I have no interest in silencing what China says. The more they spout their nonsense, the better. But what I do care about is what they do. And what they are doing is bad, very bad. And yet countless businesses and individual Americans patronize China in trade and commerce as if it is a fait accompli. They think we are simply wedded to the Chinese in some unbreakable covenant.
 
Today I had occasion to visit a local school supply store. Virtually every item I picked up had a label “Made in China” on it. Yep, they make a lot of stuff and I have decided that I will not buy it, not one trinket of it. That will be hard. The components they make are in much of what we use daily. But I’m firm in this. We have to start somewhere.

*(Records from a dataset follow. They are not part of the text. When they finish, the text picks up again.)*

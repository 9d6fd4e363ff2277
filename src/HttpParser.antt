-- ===== src/HttpParser.antt =====
-- include/http_parser.h and src/http_parser.c: the HTTP/1 request parser. The buffer is its `len` bytes,
-- after which there is a NUL; a pointer into it is the string that it points to.
pub mod Lines
pub mod Printed
pub mod Accepted
pub mod InPlace
mod Examples
use emme.Prelude.{
  ℕ, suc, Bool, true, false, not, if◌then◌else◌, ltb, leb, ◌==◌, ◌&&◌, ◌||◌, Option, none, some,
  ◌>>=◌, List, [], ◌∷◌, ◌++◌, Bytes, codes, has_prefix, length, drop,
}
use emme.Config.Numbers.{is_end, skip_spaces}

-- `HttpHeader`
pub record HttpHeader : Type 0 where
  pub field : Bytes
  pub value : Bytes

-- `HttpRequest`; `header_count` is the length of `headers`.
pub record HttpRequest : Type 0 where
  pub method : Bytes
  pub path : Bytes
  pub version : Bytes
  pub headers : List HttpHeader
  pub request_id : Bytes

-- MAX_HEADERS, MAX_REQUEST_LINE
abbrev pub max_headers : ℕ
max_headers = 20

abbrev pub max_request_line : ℕ
max_request_line = 2048

unfoldable pub add_byte : ℕ → List Bytes → List Bytes
add_byte c [] = []
add_byte c (l ∷ ls) = (c ∷ l) ∷ ls

-- The lines that strstr(cursor, "\r\n") finds one after the other, up to a NUL; what follows the last CRLF
-- is no line. `pending` is whether the byte before was a CR that belongs to the line unless an LF follows.
unfoldable pub lines_from : Bool → Bytes → List Bytes
lines_from pending [] = []
lines_from pending (c ∷ s) =
    let next = lines_from (c == 13) s in
    let base = if c == 13 then next else add_byte c next in
    if c == 0
    then []
    else if pending
    then (if c == 10 then [] ∷ next else add_byte 13 base)
    else base

-- strchr(text, c): what is before the byte and what is behind it.
unfoldable pub split_at : ℕ → Bytes → Option (Bytes × Bytes)
split_at c [] = none
split_at c (d ∷ s) =
    let rest = split_at c s in if d == c then some ([], s) else (do (a, b) ← rest; some (d ∷ a, b))

-- isupper of the C locale on every byte
unfoldable pub all_upper : Bytes → Bool
all_upper [] = true
all_upper (c ∷ s) = leb b'A' c && leb c b'Z' && all_upper s

-- Method, path and version of the request line
unfoldable pub parse_request_line : Bytes → Option (Bytes × Bytes × Bytes)
parse_request_line line = if ltb max_request_line (length line) then none else (do
  (method, rest) ← split_at b' ' line
  (path, version) ← split_at b' ' rest
  if is_end method || not (all_upper method) || not (has_prefix version (codes "HTTP/"))
      then none
      else some (method, path, version))

-- The loop over the header lines, which an empty line ends.
unfoldable pub parse_headers_from : List Bytes → List HttpHeader → Option (List HttpHeader)
parse_headers_from [] headers = some headers
parse_headers_from ([] ∷ ls) headers = some headers
parse_headers_from ((c ∷ l) ∷ ls) headers = do
  (field, rest) ← split_at b':' (c ∷ l)
  if leb max_headers (length headers)
      then none
      else parse_headers_from ls
          (headers ++ (record { field = field; value = skip_spaces rest } ∷ []))

-- *strchr(text, c) = '\0', where there is one
unfoldable pub clear_first : ℕ → Bytes → Bytes
clear_first c [] = []
clear_first c (d ∷ s) = let rest = clear_first c s in if d == c then 0 ∷ s else d ∷ rest

-- What the loop over the header lines has written where it does not return -1: a NUL for the CR and for the first
-- colon of each line, up to the empty line. `buffer` starts with the lines.
unfoldable pub clear_headers : List Bytes → Bytes → Bytes
clear_headers [] buffer = buffer
clear_headers ([] ∷ ls) buffer = buffer
clear_headers ((c ∷ l) ∷ ls) buffer =
    clear_first b':' (c ∷ l) ++ (0 ∷ 10 ∷ clear_headers ls (drop 2 (drop (length (c ∷ l)) buffer)))

-- The same with the request line, of which the first two spaces go as well
unfoldable pub clear_lines : List Bytes → Bytes → Bytes
clear_lines [] buffer = buffer
clear_lines (line ∷ ls) buffer =
    clear_first b' ' (clear_first b' ' line)
    ++ (0 ∷ 10 ∷ clear_headers ls (drop 2 (drop (length line) buffer)))

-- The buffer as `parse_http_request` leaves it where it returns 0: the strings of the request lie in it.
unfoldable pub parsed_buffer : Bytes → Bytes
parsed_buffer buffer = clear_lines (lines_from false buffer) buffer

unfoldable pub request_of : Bytes → List Bytes → Option HttpRequest
request_of id [] = none
request_of id (line ∷ ls) = do
  (method, path, version) ← parse_request_line line
  headers ← parse_headers_from ls []
  some (record {
    method = method;
    path = path;
    version = version;
    headers = headers;
    request_id = id;
  })

-- `parse_http_request`, with what `generate_uuid` returns; `none` is -1. What it writes into the buffer is
-- `parsed_buffer`.
unfoldable pub parse_http_request : Bytes → Bytes → Option HttpRequest
unfolding request_of
parse_http_request id buffer = request_of id (lines_from false buffer)
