-- ===== src/HttpParser/Lines.antt =====
-- What the parser of src/http_parser.c finds where a line or a word ends.
use emme.Prelude.{
  ℕ, ◌≡◌, ◌≢◌, refl, false, some, [], ◌∷◌, ◌++◌, Bytes, arith, Option-cases, inl, inr,
}
use emme.HttpParser.{add_byte, lines_from, split_at}

-- No byte of a text is `c`.
abbrev pub Without : ℕ → Bytes → Type 0
Without c [] = Unit {0}
Without c (d ∷ s) = (d ≢ c) × Without c s

-- A text with neither a NUL nor a CR is a line when CRLF follows it.
pub lines_from-line :
    (l rest : Bytes)
    → Without 0 l
    → Without 13 l
    → lines_from false (l ++ (13 ∷ 10 ∷ rest)) ≡ l ∷ lines_from false rest
unfolding lines_from add_byte
lines_from-line [] rest z r = refl
lines_from-line (c ∷ l) rest z r = ground (arith, lines_from-line l rest)

-- The first separator behind a text without one
pub split_at-append : (c : ℕ) (a b : Bytes) → Without c a → split_at c (a ++ (c ∷ b)) ≡ some (a, b)
unfolding split_at
split_at-append c [] b w = ground arith
split_at-append c (d ∷ a) b w = ground (arith, split_at-append c a b)

pub Without-append : (c : ℕ) (a b : Bytes) → Without c a → Without c b → Without c (a ++ b)
Without-append c [] b v w = w
Without-append c (d ∷ a) b v w = (v.0, Without-append c a b v.1 w)

-- What a split gives back, put together again, is the text, and the part in front has no separator.
pub split_at_sound :
    (c : ℕ) (s a b : Bytes) → split_at c s ≡ some (a, b) → (s ≡ a ++ (c ∷ b)) × Without c a
unfolding split_at
split_at_sound c [] a b h = ground arith
split_at_sound c (d ∷ s) [] b h = elim (Option-cases (split_at c s)) [
  | inl e ↦ ground (arith, e)
  | inr ((a', b'), e) ↦ ground (arith, e)
]
split_at_sound c (d ∷ s) (x ∷ a) b h = elim (Option-cases (split_at c s)) [
  | inl e ↦ ground (arith, e)
  | inr ((a', b'), e) ↦ ground (arith, e, split_at_sound c s a' b' e)
]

There will be those who say what I’m suggesting is what the Romans advised us not to do: vir prudens non contra ventum mingit (A wise man shouldn’t pee into the wind). But think about it for a minute. If all of us walk away en masse, at some point our collective action might matter. Ask yourself this. Would you buy something that said, “Made in Iran” or “Made in North Korea?” I’m quite certain you would reflexively put those items back on the shelf. Why not those things made under a dictatorship that has unleased pestilential threats on the entire world.
 
Made in America is my standard. And Xi Jinping can take his trinkets and carefully place them where the sun doesn’t shine.